**Task brief**
The answer must consist of every line in the records below that contains the string "Bits".

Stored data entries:
____
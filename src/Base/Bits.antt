-- ===== src/Base/Bits.antt =====
-- `|` and `&` of C on disjoint fields, as sums and remainders: the native operations compute at
-- numerals only, so these are the laws by which packed words are read.
use Prim.Native.Nat.{
  ℕ, zero, suc, ◌+◌, ◌-◌, ◌*◌, ◌/◌, ◌%◌, ◌^◌, ◌≤◌, ◌<◌, min, max, bit_and, bit_or, digits, differ,
  bit_xor, bit_and-bitwise, bit_or-bitwise, bit_xor-bitwise,
}
use mathlib.Core.Path.{◌≡◌, refl, ap}
use native.Mathlib.Nat.{pow-suc, one-le-pow, mul_comm, div-div-eq-div-mul}
use native.Mathlib.Omega.{arith}

-- Each native operation is a recursion on binary digits, `digits z f`, with its first operand as
-- fuel. Any fuel from the first operand on gives the same value.
module _ (z : ℕ → ℕ) (f : ℕ → ℕ → ℕ) where
  enough_fuel : (bound m a b : ℕ) → m ≤ bound → a ≤ m → digits z f m a b ≡ digits z f a a b
  enough_fuel bound zero zero b hm ha = refl
  enough_fuel bound (suc m) zero b hm ha = refl
  enough_fuel bound zero (suc a) b hm ha = elim ha [ ]
  enough_fuel zero (suc m) (suc a) b hm ha = elim hm [ ]
  enough_fuel (suc bound) (suc m) (suc a) b hm ha =
      let half = suc a / 2 in
      let long = enough_fuel bound m half (b / 2) (omega arith) (omega arith) in
      let short = enough_fuel bound a half (b / 2) (omega arith) (omega arith) in omega arith

  -- The lowest digit, and the rest of both numbers.
  lowest_digit :
      (a b : ℕ)
      → let half = suc a / 2 in
        digits z f (suc a) (suc a) b ≡ digits z f half half (b / 2) * 2 + f (suc a % 2) (b % 2)
  lowest_digit a b =
      let rest = enough_fuel a a (suc a / 2) (b / 2) (omega arith) (omega arith) in omega arith

-- What the three operations share, over an operation that is given by its digits.
module _ (op : ℕ → ℕ → ℕ) (z : ℕ → ℕ) (f : ℕ → ℕ → ℕ)
    (by_digits : (a b : ℕ) → op a b ≡ digits z f a a b)
    (left_zero : (b : ℕ) → z b ≡ f 0 (b % 2) + z (b / 2) * 2) where
  halves : (a b : ℕ) → op a b ≡ f (a % 2) (b % 2) + op (a / 2) (b / 2) * 2
  halves zero b = rw (by_digits 0 b, by_digits 0 (b / 2)) (left_zero b)
  halves (suc a) b =
      rw (by_digits (suc a) b, by_digits (suc a / 2) (b / 2), lowest_digit z f a b) (omega arith)

  -- An operation that keeps the digits of `a` against zeros, keeps `a`.
  right_zero : ((x : ℕ) → x < 2 → f x 0 ≡ x) → (bound a : ℕ) → a ≤ bound → op a 0 ≡ a
  right_zero keeps zero zero h =
      omega (arith, halves 0 0, keeps 0 (omega arith), left_zero 0, by_digits 0 0)
  right_zero keeps zero (suc a) h = elim h [ ]
  right_zero keeps (suc bound) a h =
      omega (arith, halves a 0, keeps (a % 2), right_zero keeps bound (a / 2) (omega arith))

pub bit_or-halves : (a b : ℕ) → bit_or a b ≡ max (a % 2) (b % 2) + bit_or (a / 2) (b / 2) * 2
bit_or-halves = halves bit_or (λ y. y) max (λ a b. bit_or-bitwise a b) (λ b. omega arith)

pub bit_and-halves : (a b : ℕ) → bit_and a b ≡ min (a % 2) (b % 2) + bit_and (a / 2) (b / 2) * 2
bit_and-halves = halves bit_and (λ y. 0) min (λ a b. bit_and-bitwise a b) (λ b. omega arith)

pub bit_xor-halves : (a b : ℕ) → bit_xor a b ≡ differ (a % 2) (b % 2) + bit_xor (a / 2) (b / 2) * 2
bit_xor-halves = halves bit_xor (λ y. y) differ (λ a b. bit_xor-bitwise a b) (λ b. omega arith)

pub zero-bit_or : (b : ℕ) → bit_or 0 b ≡ b
zero-bit_or b = bit_or-bitwise 0 b

pub zero-bit_xor : (b : ℕ) → bit_xor 0 b ≡ b
zero-bit_xor b = bit_xor-bitwise 0 b

pub bit_or-zero : (a : ℕ) → bit_or a 0 ≡ a
bit_or-zero a =
    right_zero bit_or (λ y. y) max (λ a b. bit_or-bitwise a b) (λ b. omega arith)
      (λ x h. omega arith) a a (omega arith)

pub differ_lem : (x y : ℕ) → x < 2 → y < 2 → differ x y ≡ (x + y) % 2
differ_lem zero y p q = omega arith
differ_lem (suc zero) zero p q = refl
differ_lem (suc zero) (suc zero) p q = refl
differ_lem (suc zero) (suc (suc y)) p q = absurd (omega arith)
differ_lem (suc (suc x)) y p q = absurd (omega arith)

pub bit_xor-zero : (a : ℕ) → bit_xor a 0 ≡ a
bit_xor-zero a =
    right_zero bit_xor (λ y. y) differ (λ a b. bit_xor-bitwise a b) (λ b. omega arith)
      (λ x h. omega (arith, differ_lem x 0)) a a (omega arith)

no_digits : (bound a : ℕ) → a ≤ bound → bit_and a 0 ≡ 0
no_digits zero zero h = refl
no_digits zero (suc a) h = elim h [ ]
no_digits (suc bound) a h = omega (arith, bit_and-halves a 0, no_digits bound (a / 2) (omega arith))

pub bit_and-zero : (a : ℕ) → bit_and a 0 ≡ 0
bit_and-zero a = no_digits a a (omega arith)

double_product : (q k : ℕ) → q * 2 ^ suc k ≡ 2 * (q * 2 ^ k)
double_product q k = omega (arith, ap (λ (t : ℕ). q * t) (pow-suc 2 k))

-- A field below bit `k`, or-ed into a word that has no bit below `k`, is added.
or_below : (k q r : ℕ) → r < 2 ^ k → bit_or (q * 2 ^ k) r ≡ q * 2 ^ k + r
or_below zero q r h = ground (arith, bit_or-zero q)
or_below (suc k) q r h =
    ground (
      arith,
      double_product q k,
      pow-suc 2 k,
      bit_or-halves (q * 2 ^ suc k) r,
      or_below k q (r / 2),
    )

pub bit_or_add : (k a r : ℕ) → a % 2 ^ k ≡ 0 → r < 2 ^ k → bit_or a r ≡ a + r
bit_or_add k a r low fits = ground (arith, or_below k (a / 2 ^ k) r, one-le-pow k 2)

and_below : (k q r : ℕ) → r < 2 ^ k → bit_and (q * 2 ^ k + r) (2 ^ k - 1) ≡ r
and_below zero q r h = rw bit_and-zero (omega arith)
and_below (suc k) q r h = ground (
  arith,
  double_product q k,
  pow-suc 2 k,
  one-le-pow k 2,
  bit_and-halves (q * 2 ^ suc k + r) (2 ^ suc k - 1),
  and_below k q (r / 2),
)

-- A mask of `k` ones is the remainder by 2 ^ k.
pub bit_and_mask : (k a : ℕ) → bit_and a (2 ^ k - 1) ≡ a % 2 ^ k
bit_and_mask k a = ground (arith, one-le-pow k 2, and_below k (a / 2 ^ k) (a % 2 ^ k))

pub bit_or_one : (a : ℕ) → bit_or a 1 ≡ a / 2 * 2 + 1
bit_or_one a = omega (arith, bit_or-halves a 1, bit_or-zero (a / 2))

halve_shift : (k a : ℕ) → a / 2 / 2 ^ k ≡ a / 2 ^ suc k
halve_shift k a = rw (pow-suc 2 k, mul_comm (2 ^ k) 2) (div-div-eq-div-mul a 2 (2 ^ k))

-- The test of one bit.
pub bit_and_bit : (k a : ℕ) → bit_and a (2 ^ k) ≡ a / 2 ^ k % 2 * 2 ^ k
bit_and_bit zero a = omega (arith, bit_and-halves a 1, bit_and-zero (a / 2))
bit_and_bit (suc k) a =
    let ih = rw (halve_shift k a) at (bit_and_bit k (a / 2)) in
    let low : bit_and a (2 ^ suc k) ≡ bit_and (a / 2) (2 ^ k) * 2 =
      ground (arith, pow-suc 2 k, bit_and-halves a (2 ^ suc k)) in
    omega (arith, double_product (a / 2 ^ suc k % 2) k)

commutes : (bound a b : ℕ) → a ≤ bound → bit_or a b ≡ bit_or b a
commutes bound zero b h = omega (arith, zero-bit_or b, bit_or-zero b)
commutes zero (suc a) b h = elim h [ ]
commutes (suc bound) (suc a) b h = omega (
  arith,
  bit_or-halves (suc a) b,
  bit_or-halves b (suc a),
  commutes bound (suc a / 2) (b / 2) (omega arith),
)

pub bit_or_comm : (a b : ℕ) → bit_or a b ≡ bit_or b a
bit_or_comm a b = commutes a a b (omega arith)

-- `^` with one bit adds it where it is absent and takes it away where it is there.
pub bit_xor_bit : (k a : ℕ) → bit_xor a (2 ^ k) + a / 2 ^ k % 2 * 2 ^ k * 2 ≡ a + 2 ^ k
bit_xor_bit zero a = omega (arith, bit_xor-halves a 1, differ_lem (a % 2) 1, bit_xor-zero (a / 2))
bit_xor_bit (suc k) a =
    let ih = rw (halve_shift k a) at (bit_xor_bit k (a / 2)) in
    let low : bit_xor a (2 ^ suc k) ≡ bit_xor (a / 2) (2 ^ k) * 2 + a % 2 =
      ground (arith, pow-suc 2 k, bit_xor-halves a (2 ^ suc k), differ_lem (a % 2) 0) in
    omega (arith, pow-suc 2 k, double_product (a / 2 ^ suc k % 2) k)

-- A mask with `k` zeros below it sees what stands above them.
pub bit_and_above : (k a b : ℕ) → bit_and a (b * 2 ^ k) ≡ bit_and (a / 2 ^ k) b * 2 ^ k
bit_and_above zero a b =
    let same : a / 2 ^ 0 ≡ a = omega arith in
    let mask : b * 2 ^ 0 ≡ b = omega arith in rw (same, mask) (omega arith)
bit_and_above (suc k) a b =
    let ih = rw (halve_shift k a) at (bit_and_above k (a / 2) b) in
    let low : bit_and a (b * 2 ^ suc k) ≡ bit_and (a / 2) (b * 2 ^ k) * 2 =
      ground (arith, double_product b k, bit_and-halves a (b * 2 ^ suc k)) in
    omega (arith, double_product (bit_and (a / 2 ^ suc k) b) k)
____
**Written reply**
filename src/Base/Bits.antt
-- ===== src/Base/Bits.antt =====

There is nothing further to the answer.